Nazi-Parolen und ein mutmaßlicher Hitlergruß: Ganz Deutschland spricht über die Ballermann-Sängerin Melanie Müller. Sie selbst sagt, sie habe mit nationalistischem Gedankengut nichts am Hut. Ob sie auch nicht weiß, was es mit ihrem Auftrittsort in Leipzig auf sich hat?

Man will es noch immer kaum glauben. Melanie Müller, die Frau, die 2014 mit ihrer einst so natürlichen und warmherzigen Art Millionen TV-Zuschauer begeisterte und Dschungelkönigin wurde, soll mit Rechten gefeiert haben. Ganz Deutschland spricht dieser Tage über ihren Auftritt in Leipzig, bei dem Leute im Publikum rechte Parolen skandieren und den Arm zum Hitlergruß erheben. Die Ballermann-Sängerin steht auf der Bühne und singt. Nach ersten Berichten und öffentlich gewordenen Filmaufnahmen des besagten Auftritts gibt Müller ein Statement ab, das fadenscheinig klingt. Sie sagt, sie habe den Auftritt abgebrochen und die Bühne verlassen.

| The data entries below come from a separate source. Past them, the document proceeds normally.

-- ===== src/Status.antt =====
-- status.rs: what the service knows about itself and its switches. Times are numbers. The operations that
-- take a switch's turn are in Status/Gates.
pub mod Gates
pub mod Turns
pub mod Order
pub mod Records
use switch_configurator.Prelude.{
  ℕ, suc, Bool, true, false, not, ◌||◌, Option, none, some, List, [], ◌∷◌, ◌++◌, Text, codes,
  text_eq, if◌then◌else◌, contains, filter, filter_map, length, is_empty, ltb, ◌==◌,
}
use switch_configurator.Prelude.HashMap.{HashMap, get, insert}
use switch_configurator.Models.Hardware.{SwitchModel}
use switch_configurator.Models.SwitchConfig.{SwitchConfig, Credentials, ConnectionType}

abbrev pub max_errors : ℕ
max_errors = 50

pub record ConfigMetadata : Type 0 where
  pub config_file : Text
  pub config_folders : List Text
  pub last_loaded : ℕ
  pub switches_count : ℕ

pub record SwitchStatus : Type 0 where
  pub id : Text
  pub hostname : Text
  pub model : Text
  pub management_ip : Text
  pub connection_type : Text
  pub last_applied : Option ℕ
  pub last_result : Option Text
  pub apply_count : ℕ
  pub success_count : ℕ
  pub failure_count : ℕ
  pub warnings : List Text

pub record ErrorRecord : Type 0 where
  pub timestamp : ℕ
  pub error_type : Text
  pub message : Text
  pub switch_hostname : Option Text
  pub operation : Text

pub record ConfigLoadError : Type 0 where
  pub timestamp : ℕ
  pub error_type : Text
  pub message : Text
  pub affected_switch : Option Text

-- a semaphore with its waiting tasks, and the number of tasks that count as waiting
pub record SwitchGate (S : Type 0) : Type 0 where
  pub turn : S
  pub waiting : ℕ

pub record StatusTrackerInner (S : Type 0) : Type 0 where
  pub start_time : ℕ
  pub config_metadata : Option ConfigMetadata
  pub switch_status : HashMap Text SwitchStatus
  pub recent_errors : List ErrorRecord
  pub config_validation_issues : List Text
  pub last_config_error : Option ConfigLoadError
  pub currently_configuring : List Text
  pub pending_config_reload : List Text
  pub gates : HashMap Text (SwitchGate S)

-- `HashSet::insert` and `HashSet::remove`
unfoldable pub set_insert : Text → List Text → List Text
set_insert k ks = if contains ks k then ks else k ∷ ks

unfoldable pub set_remove : Text → List Text → List Text
set_remove k ks = filter (λ j. not (j == k)) ks

paths_of : Option ConfigMetadata → Option (Text × List Text)
paths_of none = none
paths_of (some m) = some (m.config_file, m.config_folders)

abbrev pub pop_front {ℓ} : {A : Type ℓ} → List A → List A
pop_front [] = []
pop_front (x ∷ xs) = xs

abbrev pub keep_recent {ℓ} : {A : Type ℓ} → List A → List A
keep_recent xs = if ltb max_errors (length xs) then pop_front xs else xs

module _ {S : Type 0} where
  abbrev pub new_tracker : ℕ → StatusTrackerInner S
  new_tracker now = record {
    start_time = now;
    config_metadata = none;
    switch_status = [];
    recent_errors = [];
    config_validation_issues = [];
    last_config_error = none;
    currently_configuring = [];
    pending_config_reload = [];
    gates = [];
  }

  unfoldable pub set_currently_configuring : Text → StatusTrackerInner S → StatusTrackerInner S
  set_currently_configuring id inner = record inner {
    currently_configuring = set_insert id inner.currently_configuring;
  }

  unfoldable pub clear_currently_configuring : Text → StatusTrackerInner S → StatusTrackerInner S
  clear_currently_configuring id inner = record inner {
    currently_configuring = set_remove id inner.currently_configuring;
  }

  abbrev pub is_currently_configuring : Text → StatusTrackerInner S → Bool
  is_currently_configuring id inner = contains inner.currently_configuring id

  unfoldable pub queue_pending_reload : Text → StatusTrackerInner S → StatusTrackerInner S
  queue_pending_reload id inner = record inner {
    pending_config_reload = set_insert id inner.pending_config_reload;
  }

  abbrev pub has_pending_reload : Text → StatusTrackerInner S → Bool
  has_pending_reload id inner = contains inner.pending_config_reload id

  unfoldable pub take_pending_reload : Text → StatusTrackerInner S → StatusTrackerInner S × Bool
  take_pending_reload id inner = (
    record inner { pending_config_reload = set_remove id inner.pending_config_reload },
    has_pending_reload id inner,
  )

  abbrev pub is_switch_busy : Text → StatusTrackerInner S → Bool
  is_switch_busy id inner = is_currently_configuring id inner || has_pending_reload id inner

  abbrev waiting_at : Option (SwitchGate S) → ℕ
  waiting_at none = 0
  waiting_at (some g) = g.waiting

  abbrev pub queued_count : Text → StatusTrackerInner S → ℕ
  queued_count id inner = waiting_at (get id inner.gates)

  unfoldable pub set_config_metadata : ConfigMetadata → StatusTrackerInner S → StatusTrackerInner S
  set_config_metadata metadata inner = record inner { config_metadata = some metadata }

  unfoldable pub get_config_paths : StatusTrackerInner S → Option (Text × List Text)
  unfolding paths_of
  get_config_paths inner = paths_of inner.config_metadata

  -- the status of a switch that is known is changed
  update_status :
      (SwitchStatus → SwitchStatus)
      → Text
      → Option SwitchStatus
      → StatusTrackerInner S
      → StatusTrackerInner S
  update_status f id none inner = inner
  update_status f id (some status) inner = record inner {
    switch_status = insert id (f status) inner.switch_status;
  }

  unfoldable pub record_apply_success : Text → ℕ → StatusTrackerInner S → StatusTrackerInner S
  unfolding update_status
  record_apply_success id now inner =
      update_status
        (λ status. record status {
          last_applied = some now;
          last_result = some (codes "success");
          apply_count = suc status.apply_count;
          success_count = suc status.success_count;
        })
        id (get id inner.switch_status) inner

  unfoldable pub record_apply_failure :
      Text → Text → ℕ → StatusTrackerInner S → StatusTrackerInner S
  unfolding update_status
  record_apply_failure id error now inner =
      update_status
        (λ status. record status {
          last_applied = some now;
          last_result = some (codes "failed: " ++ error);
          apply_count = suc status.apply_count;
          failure_count = suc status.failure_count;
        })
        id (get id inner.switch_status) inner

  unfoldable pub record_warnings : Text → List Text → StatusTrackerInner S → StatusTrackerInner S
  unfolding update_status
  record_warnings id warnings inner =
      update_status (λ status. record status { warnings = warnings }) id
        (get id inner.switch_status) inner

  unfoldable pub record_error : ErrorRecord → StatusTrackerInner S → StatusTrackerInner S
  record_error error inner = record inner {
    recent_errors = keep_recent (inner.recent_errors ++ error ∷ []);
  }

  unfoldable pub set_validation_issues : List Text → StatusTrackerInner S → StatusTrackerInner S
  set_validation_issues issues inner = record inner { config_validation_issues = issues }

  unfoldable pub clear_validation_issues : StatusTrackerInner S → StatusTrackerInner S
  clear_validation_issues inner = record inner {
    config_validation_issues = [];
    last_config_error = none;
  }

  unfoldable pub set_last_config_error :
      ConfigLoadError → StatusTrackerInner S → StatusTrackerInner S
  set_last_config_error error inner = record inner { last_config_error = some error }

  abbrev queued_entry : Text × SwitchGate S → Option (Text × ℕ)
  queued_entry (id, gate) = if ltb 0 gate.waiting then some (id, gate.waiting) else none

  unfoldable pub queued_operations : StatusTrackerInner S → List (Text × ℕ)
  queued_operations inner = filter_map queued_entry inner.gates

  unfoldable pub overall_status : StatusTrackerInner S → Text
  overall_status inner =
      if is_empty inner.config_validation_issues then codes "healthy" else codes "degraded"

unfoldable pub enter_status :
    {S : Type 0}
    → Text
    → Option SwitchStatus
    → Option (StatusTrackerInner S)
    → Option (StatusTrackerInner S)
enter_status id (some status) (some inner) =
    some (record inner { switch_status = insert id status inner.switch_status })
enter_status id _ _ = none

-- What `{:?}` prints for a model and for a connection type is an argument.
module _ (show_model : SwitchModel → Text) (show_connection : ConnectionType → Text) where
  status_from : SwitchConfig → Text → SwitchModel → Text → Credentials → SwitchStatus
  status_from switch hostname model management_ip credentials = record {
    id = switch.id;
    hostname = hostname;
    model = show_model model;
    management_ip = management_ip;
    connection_type = show_connection credentials.connection_type;
    last_applied = none;
    last_result = none;
    apply_count = 0;
    success_count = 0;
    failure_count = 0;
    warnings = [];
  }

  -- `none` where one of the fields that validation makes sure of is missing: the source panics
  unfoldable pub status_with :
      SwitchConfig
      → Option Text
      → Option SwitchModel
      → Option Text
      → Option Credentials
      → Option SwitchStatus
  unfolding status_from
  status_with switch (some hostname) (some model) (some ip) (some credentials) =
      some (status_from switch hostname model ip credentials)
  status_with switch _ _ _ _ = none

  unfoldable pub initial_status : SwitchConfig → Option SwitchStatus
  unfolding status_with
  initial_status switch =
      status_with switch switch.hostname switch.model switch.management_ip switch.credentials

  module _ {S : Type 0} where
    unfoldable pub enter_switches :
        List SwitchConfig → Option (StatusTrackerInner S) → Option (StatusTrackerInner S)
    unfolding enter_status initial_status
    enter_switches [] o = o
    enter_switches (switch ∷ switches) o =
        enter_switches switches (enter_status switch.id (initial_status switch) o)

    unfoldable pub initialize_switches :
        List SwitchConfig → StatusTrackerInner S → Option (StatusTrackerInner S)
    unfolding enter_switches
    initialize_switches switches inner = enter_switches switches (some inner)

Ja, es stimmt: Künstler stehen fast das gesamte Jahr über auf vielen Bühnen. Immer wieder berichten sie, sie wüssten teils gar nicht mehr, in welcher Stadt sie eigentlich auftreten. Oder zu welchem Event sie überhaupt geladen seien. Ähnlich wie Melanie Müller das über ihren Auftritt in Leipzig auch sagt. Dazu fallen Worte wie: "In mein Publikum gehören keine Nazis. Ich distanziere mich klar von den Geschehnissen (...) und hoffe, dass ich mit etwas Abstand die Möglichkeit bekomme, mich öffentlich zu positionieren."

Als wären ihre Aussagen in Anbetracht der Bildaufnahmen, die eine ganz andere Sprache sprechen, nicht fragwürdig genug, versieht die Sängerin sie mit den Hashtags #fcknzs und #gemeinsamgegenrechts. Kurz nach dem ersten Video macht ein zweites Video die Runde. Aber nicht etwa eins, bei dem Müller Position bezieht und zum Publikum sagt, sie würde ihren Auftritt abbrechen. Nein, es sind Aufnahmen, die zeigen, wie auch sie die Hand erhebt, ganze achtmal. War es der Hitlergruß? Die Sängerin bestreitet das.

Mit nationalistischem Gedankengut nichts am Hut

Es gibt viele Menschen, die der Meinung sind, man wolle die Künstlerin canceln, weil ihr neuer Freund Verbindungen in die rechte Szene haben soll. Das liest sich in den Kommentaren unter ihrem Statement etwa wie folgt: "Oh je, wurde dir mal wieder wie so vielen anderen die Nazikeule übergezogen?! Lass die Leute doch reden, du hast doch nix gemacht, warum muss man sich immer rechtfertigen?!"

Ähnlich sieht es auch Frau Müller. Sie sei nicht rechts, sie würde von den Medien, allen voran RTL, mit "Dreck" beworfen, es werde versucht, ihr etwas "anzudichten". Es handle sich dabei, schlicht um "Lügen". "Ich bin gerade körperlich ziemlich angeschlagen und werde mich deshalb die nächsten Tage etwas zurückziehen, erholen und versuchen, das Ganze zu verarbeiten. (...) Ich habe mit Rechtsradikalen oder nationalistischem Gedankengut nichts am Hut. Ich verurteile das aufs Schärfste."

Liebe Melanie Müller, nur mal rein hypothetisch, alles, was Sie sagen, stimmt: Ihr neuer Lebenspartner habe nur rein zufällig Thor-Steinar-Kleidung getragen. Nur rein zufällig sind Sie in Leipzig in eine Situation geraten, die Sie zutiefst ablehnen. Und nur rein zufällig haben Sie es - vielleicht aus terminlichen Gründen - erst geschafft, sich über den Vorfall zu äußern, als er öffentlich wurde. War Ihr Witz im Jahre 2014, den Sie anlässlich der Veröffentlichung Ihres Buches: "Mach's dir selbst, sonst macht's dir keiner - Vom Mauerblümchen zur Dschungelqueen" auch nur zufällig? "Ich wollte es eigentlich 'Mein Kampf' nennen, aber ich habe mal gegoogelt - der Titel ist leider schon vergeben."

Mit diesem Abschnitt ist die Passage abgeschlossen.